*** Opening of Provided data ***

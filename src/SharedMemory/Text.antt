-- ===== src/SharedMemory/Text.antt =====
-- SharedMemory$write and SharedMemory$read of src/SharedMemory.c: text at a byte offset. They have no
-- caller in the repository.
use atomicles.Base.{ℕ, ◌+◌, ◌-◌, ◌%◌, ◌^◌, List}
use atomicles.Sys.{Kernel}
use atomicles.Sys.Run.{Cmd, pure, ◌>>=◌, ◌>>◌}
use atomicles.SharedMemory.{SharedMemory, through, enter, leave}

-- Offsets are `unsigned short`.
-- `vsnprintf` of a text into a segment, and `strncpy` out of one, at a byte offset and for at most so
-- many bytes.
pub record Texts (W : Type 0) : Type 0 where
  pub vsnprintf : (addr offset size : ℕ) → List ℕ → Cmd W (Unit {0})
  pub strncpy : (addr offset size : ℕ) → Cmd W (List ℕ)

-- `this->size - offset`, as a `size_t`.
abbrev pub room : SharedMemory → ℕ → ℕ
room this offset = (this.size + 2 ^ 64 - offset) % 2 ^ 64

module _ {W : Type 0} ⦃k : Kernel W⦄ ⦃t : Texts W⦄ where
  -- The text is the format with its arguments filled in.
  unfoldable pub write : SharedMemory → (offset : ℕ) → List ℕ → Cmd W (Unit {0})
  unfolding enter leave
  write this offset text = do
    enter this
    through this.addr λ addr. t.vsnprintf addr (offset % 2 ^ 16) (room this (offset % 2 ^ 16)) text
    leave this

  -- Unlike a word, the text is read before the guard is given back.
  unfoldable pub read : SharedMemory → (offset : ℕ) → Cmd W (List ℕ)
  unfolding enter leave
  read this offset = do
    enter this
    text ← through this.addr λ addr. t.strncpy addr (offset % 2 ^ 16) (room this (offset % 2 ^ 16))
    leave this
    pure text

*** Close of Provided data ***

Task directions: Every line that holds the string "antt" must be copied from the records above.

Solution to the problem:
filename src/SharedMemory/Text.antt
-- ===== src/SharedMemory/Text.antt =====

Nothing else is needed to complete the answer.